We can distinguish between raw_nbest (no epsilons) and padded_nbest (with epsilons).
NOTE: In the future we may decide to have versions of these n-best lists where there
are more than 1 epsilon between phones, although in that case we won't be able to identify
the epsilon with the self-loop of the phone; we would have to introduce the epsilons at a later
stage in that case.
(ii) create graphs from these n-best lists, align, get posteriors. We'll have a sparse matrix of posteriors with indexes [pathphone_idx][seqframe_idx]. (iii) get expected times (in frames) for each phone. Suppose this is a Tensor of float or double indexed by [pathphone_idx], containing frame_idx as float. (iv) We can can turn the expected times (above) into a sparse matrix of alignments with indexes [pathphone_idx][seqframe_idx]. (The epsilon positions may have to be interpolated as, in general, they won't always exist.) NOTE: this "alignment matrix" is like the "sparse matrix of posteriors" mentioned above (assuming we normalize the matrix of posteriors per row to get an "alignment matrix"); "alignment matrix" implies the rows sum to one. We could get two copies of the embeddings, one from each; although we'd need some kind of backoff mechanism to deal with rows of the "sparse matrix of posteriors" that had zero count, which is possible in principle for epsilon position. (v) Various kinds of embeddings. Let's say an embedding indexed by pathphone_idx is a Tensor with indexes [pathphone_idx][feature]. Examples of embeddings: - duration - absolute time - nnet output from 1st pass - hidden layer output - mfccs etc. (would need to deal correctly with subsampling). - also a bunch of embeddings can be appended together and will still be an embedding (vi) We need a process to take irregular-sized/ragged embeddings and fit them into a rectangular tensor, and keep track of the segment information. This process is quite similar to the process of creating the minibatch in the 1st place (starting from MFCCs). (We might be able to figure out a suitable interface for this...)

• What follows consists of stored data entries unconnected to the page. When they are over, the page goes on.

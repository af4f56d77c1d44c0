-- ===== src/Message/Ucs2.antt =====
-- UCS-2 short messages: `DecodeMessage` against an encoder in terms of runes.
use smpp_smsc.Base.{
  ℕ, ◌+◌, ◌/◌, ◌%◌, ◌<◌, ◌≡◌, ◌≢◌, refl, inl, ap, sym, ◌∙◌, some, List, [], ◌∷◌, ◌++◌, Bytes, All,
  arith, length,
}
use smpp_smsc.Text.{utf8, utf16_encode, utf16_decode}
use smpp_smsc.Text.RoundTrip.{IsScalar}
use smpp_smsc.Text.Utf16.{utf16_encode_bmp, utf16_encode_head, utf16_decode-utf16_encode}
use smpp_smsc.Wire.{GoSmpp}
use smpp_smsc.Message.{
  be_units, decode_ucs2, decode_by, effective_coding, decode_body, decode_message, strip_udh,
  create_udh,
}
use smpp_smsc.Message.Header.{decode_message-create_udh}

-- The units in big-endian order.
abbrev pub unit_bytes : List ℕ → Bytes
unit_bytes [] = []
unit_bytes (u ∷ us) = (u / 256) ∷ (u % 256) ∷ unit_bytes us

-- A text in UCS-2 with surrogate pairs, as a client sends it under the UCS-2 data coding.
abbrev pub ucs2_bytes : List ℕ → Bytes
ucs2_bytes rs = unit_bytes (utf16_encode rs)

be_units-unit_bytes : (us : List ℕ) → be_units (unit_bytes us) ≡ us
unfolding be_units
be_units-unit_bytes [] = refl
be_units-unit_bytes (u ∷ us) = ground (arith, be_units-unit_bytes us)

unit_bytes_even : (us : List ℕ) → length (unit_bytes us) % 2 ≡ 0
unit_bytes_even [] = refl
unit_bytes_even (u ∷ us) = omega (arith, unit_bytes_even us)

decode_ucs2-ucs2_bytes : (rs : List ℕ) → All IsScalar rs → decode_ucs2 (ucs2_bytes rs) ≡ utf8 rs
unfolding decode_ucs2
decode_ucs2-ucs2_bytes rs h =
    rw (unit_bytes_even (utf16_encode rs), be_units-unit_bytes (utf16_encode rs))
      (ap utf8 (utf16_decode-utf16_encode rs h))

-- Units that DecodeMessage does not take for a header.
strip_udh_keeps :
    (u : ℕ) (us : List ℕ)
    → u ≢ 0x500
    → u ≢ 0x608
    → strip_udh (unit_bytes (u ∷ us)) ≡ unit_bytes (u ∷ us)
unfolding strip_udh
strip_udh_keeps u us n m = ground arith

strip_udh_cuts :
    (c x : ℕ) (us : List ℕ)
    → c < 256
    → strip_udh (unit_bytes (0x500 ∷ (0x300 + c) ∷ x ∷ us)) ≡ unit_bytes us
unfolding strip_udh
strip_udh_cuts c x us h = ground arith

module _ (lib : GoSmpp) (apart : lib.ucs2_type ≢ lib.default_type) where
  decode_by-ucs2 : (m : Bytes) → decode_by lib m lib.ucs2_type ≡ some (decode_ucs2 m)
  unfolding decode_by
  decode_by-ucs2 m = ground arith

  effective_coding-ucs2 : (m : Bytes) → effective_coding lib m lib.ucs2_type ≡ lib.ucs2_type
  unfolding effective_coding
  effective_coding-ucs2 m = ground arith

  decode_body-ucs2 : (m : Bytes) → decode_body lib m lib.ucs2_type ≡ some (decode_ucs2 m)
  unfolding decode_body
  decode_body-ucs2 [] = unfold decode_ucs2 be_units utf16_decode utf8 in refl
  decode_body-ucs2 (b ∷ r) = rw (effective_coding-ucs2 (b ∷ r)) (decode_by-ucs2 (b ∷ r))

  -- A message whose first unit is known, by what is left of it.
  decode_message-strip_udh :
      (u : ℕ) (us : List ℕ) {m body : Bytes}
      → m ≡ unit_bytes (u ∷ us)
      → strip_udh (unit_bytes (u ∷ us)) ≡ body
      → decode_message lib m lib.ucs2_type ≡ decode_body lib body lib.ucs2_type
  unfolding decode_message
  decode_message-strip_udh u us e k = rw (e, k)

  -- DecodeMessage of a UCS-2 segment, a concatenation header and then a text of Unicode scalar
  -- values in UTF-16, gives that text in UTF-8.
  pub decode_message-ucs2_segment :
      (message_ref total segment : ℕ) (rs : List ℕ)
      → All IsScalar rs
      → decode_message lib (create_udh message_ref total segment ++ ucs2_bytes rs) lib.ucs2_type
        ≡ some (utf8 rs)
  decode_message-ucs2_segment message_ref total segment rs h =
      decode_message-create_udh lib message_ref total segment (ucs2_bytes rs) lib.ucs2_type
      ∙ decode_body-ucs2 (ucs2_bytes rs)
      ∙ ap some (decode_ucs2-ucs2_bytes rs h)

  -- DecodeMessage of a UCS-2 message with no header gives the text in UTF-8, for a text of Unicode
  -- scalar values whose first character is neither U+0500 nor U+0608.
  pub decode_message-ucs2 :
      (r : ℕ) (rs : List ℕ)
      → All IsScalar (r ∷ rs)
      → r ≢ 0x500
      → r ≢ 0x608
      → decode_message lib (ucs2_bytes (r ∷ rs)) lib.ucs2_type ≡ some (utf8 (r ∷ rs))
  decode_message-ucs2 r rs h n m =
      let (u, us, e, k) = utf16_encode_head r rs h.0 in
      decode_message-strip_udh u us (ap unit_bytes e)
        (strip_udh_keeps u us (ground arith) (ground arith))
      ∙ decode_body-ucs2 (unit_bytes (u ∷ us))
      ∙ ap (λ us. some (decode_ucs2 (unit_bytes us))) (sym e)
      ∙ ap some (decode_ucs2-ucs2_bytes (r ∷ rs) h)

  -- A UCS-2 text with no header that begins U+0500, then a character from U+0300 to U+03FF, then
  -- any third one of the basic plane (up to U+FFFF), loses these three characters: DecodeMessage takes
  -- them for a header.
  pub decode_message-ucs2_loss :
      (c x : ℕ) (rs : List ℕ)
      → c < 256
      → IsScalar x
      → x < 0x10000
      → All IsScalar rs
      → decode_message lib (ucs2_bytes (0x500 ∷ (0x300 + c) ∷ x ∷ rs)) lib.ucs2_type
        ≡ some (utf8 rs)
  decode_message-ucs2_loss c x rs hc v hx h =
      decode_message-strip_udh 0x500 ((0x300 + c) ∷ x ∷ utf16_encode rs) (ap unit_bytes units)
        (strip_udh_cuts c x (utf16_encode rs) hc)
      ∙ decode_body-ucs2 (ucs2_bytes rs)
      ∙ ap some (decode_ucs2-ucs2_bytes rs h)
    where
      units :
          utf16_encode (0x500 ∷ (0x300 + c) ∷ x ∷ rs) ≡ 0x500 ∷ (0x300 + c) ∷ x ∷ utf16_encode rs
      units =
          utf16_encode_bmp 0x500 _ (inl (omega arith)) (omega arith)
          ∙ ap (◌∷◌ 0x500) (
              utf16_encode_bmp (0x300 + c) _ (inl (omega arith)) (omega arith)
              ∙ ap (◌∷◌ (0x300 + c)) (utf16_encode_bmp x rs v hx))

(vii) After decoding the 2nd pass (this will happen in test time) we'll get an nbest list indexed [path_idx][nbest][phone]. Conceptually this is indexed [seq][nbest][nbest][phone]. One way to decode is to uniq the sequences and count.

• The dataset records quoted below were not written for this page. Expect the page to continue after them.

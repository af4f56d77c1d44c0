-- ===== src/Message/Tests.antt =====
-- Runs of the functions of utils.go.
use smpp_smsc.Base.{◌+◌, ◌%◌, ◌≡◌, ◌≢◌, refl, inl, some, [], ◌∷◌, ◌++◌, arith}
use smpp_smsc.Text.{utf8}
use smpp_smsc.Wire.Samples.{smpp34}
use smpp_smsc.Message.{parse_udh, create_udh, decode_message}
use smpp_smsc.Message.Header.{parse_udh-create_udh}
use smpp_smsc.Message.Tlv.{parse_tlv, write_tlvs, store_tlvs, parse_tlv-write}
use smpp_smsc.Message.Ucs2.{
  ucs2_bytes, decode_message-ucs2_segment, decode_message-ucs2, decode_message-ucs2_loss,
}
use smpp_smsc.Message.Ids.{build_message_id_from_clock, parse_message_id, parse_message_id-build}

parse_tlv-write_example :
    parse_tlv (write_tlvs ((0x0424, 1 ∷ 2 ∷ []) ∷ (7, []) ∷ (0x0424, 3 ∷ []) ∷ []) (4 ∷ 36 ∷ [])) 0
    ≡ store_tlvs ((0x0424, 1 ∷ 2 ∷ []) ∷ (7, []) ∷ (0x0424, 3 ∷ []) ∷ []) []
parse_tlv-write_example =
    parse_tlv-write ((0x0424, 1 ∷ 2 ∷ []) ∷ (7, []) ∷ (0x0424, 3 ∷ []) ∷ []) (4 ∷ 36 ∷ [])
      (omega arith)

sixteen_bit_reference :
    parse_udh (6 ∷ 8 ∷ 4 ∷ 1 ∷ 2 ∷ 3 ∷ 2 ∷ [])
    ≡ some (record { message_ref = 258; total_segments = 3; segment_number = 2 })
unfolding parse_udh
sixteen_bit_reference = refl

apart : smpp34.ucs2_type ≢ smpp34.default_type
apart e = absurd (omega (arith, e))

parse_udh-create_udh_example :
    parse_udh (create_udh 300 3 2 ++ 65 ∷ [])
    ≡ some (record { message_ref = 300 % 256; total_segments = 3; segment_number = 2 })
parse_udh-create_udh_example =
    parse_udh-create_udh 300 3 2 (65 ∷ []) (omega arith) (omega arith) (omega arith)

decode_message-ucs2_segment_example :
    decode_message smpp34 (create_udh 1 2 1 ++ ucs2_bytes (0x41 ∷ [])) smpp34.ucs2_type
    ≡ some (utf8 (0x41 ∷ []))
decode_message-ucs2_segment_example =
    decode_message-ucs2_segment smpp34 apart 1 2 1 (0x41 ∷ []) (inl (omega arith), tt)

decode_message-ucs2_example :
    decode_message smpp34 (ucs2_bytes (0x41 ∷ 0x42 ∷ [])) smpp34.ucs2_type
    ≡ some (utf8 (0x41 ∷ 0x42 ∷ []))
decode_message-ucs2_example =
    decode_message-ucs2 smpp34 apart 0x41 (0x42 ∷ []) (inl (omega arith), (inl (omega arith), tt))
      (λ e. absurd (omega (arith, e))) (λ e. absurd (omega (arith, e)))

decode_message-ucs2_loss_example :
    decode_message smpp34 (ucs2_bytes (0x500 ∷ (0x300 + 3) ∷ 0x41 ∷ 0x42 ∷ [])) smpp34.ucs2_type
    ≡ some (utf8 (0x42 ∷ []))
decode_message-ucs2_loss_example =
    decode_message-ucs2_loss smpp34 apart 3 0x41 (0x42 ∷ []) (omega arith) (inl (omega arith))
      (omega arith) (inl (omega arith), tt)

parse_message_id-build_example : parse_message_id (build_message_id_from_clock 7 42) ≡ some (7, 42)
parse_message_id-build_example = parse_message_id-build 7 42 (omega arith) (omega arith)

After regenerating the features with the latest lhtose and reducing num_paths from 8 to 5, the WERs become better.
The tensorboard log is at https://tensorboard.dev/experiment/EEMXUKABQ6WyoxxPmly3qw/#scalars
# epoch 0
2021-03-08 15:16:55,007 INFO [mmi_bigram_embeddings_decode.py:258] %WER 16.57% [8712 / 52576, 771 ins, 1343 del, 6598 sub ]
# epoch 1
2021-03-08 17:29:14,856 INFO [mmi_bigram_embeddings_decode.py:271] %WER 13.21% [6946 / 52576, 793 ins, 776 del, 5377 sub ]
# epoch 2
2021-03-08 19:00:00,512 INFO [mmi_bigram_embeddings_decode.py:271] %WER 12.03% [6326 / 52576, 720 ins, 681 del, 4925 sub ]
# epoch 3
2021-03-08 21:31:04,285 INFO [mmi_bigram_embeddings_decode.py:258] %WER 12.18% [6404 / 52576, 785 ins, 668 del, 4951 sub ]
However, it degrades from epoch 2 to epoch 3.
Will try two things tomorrow:
(1) Add another linear layer to the first pass model, which is placed before the log softmax layer. Its output is used to compute embeddings.
(2) Decoding from the second pass by following
something that would be easier to implement would be to do it with 1-best: i.e. compute the 1-best path from the 1st decode, and then in the second decode (with full decoding graph) also just take the 1-best path. That would be easier to implement and of course faster than some kind of voting scheme.
Thanks! I really don't understand why reducing num_paths from 8 to 5 should help. It feels like some kind of bug but I can't see one. But it's possible that the auxiliary objective somehow degrades the output by biasing the log-likes somehow. I thought there might be some bug that made the secondary objective have too-large scale, but I can't see such a bug.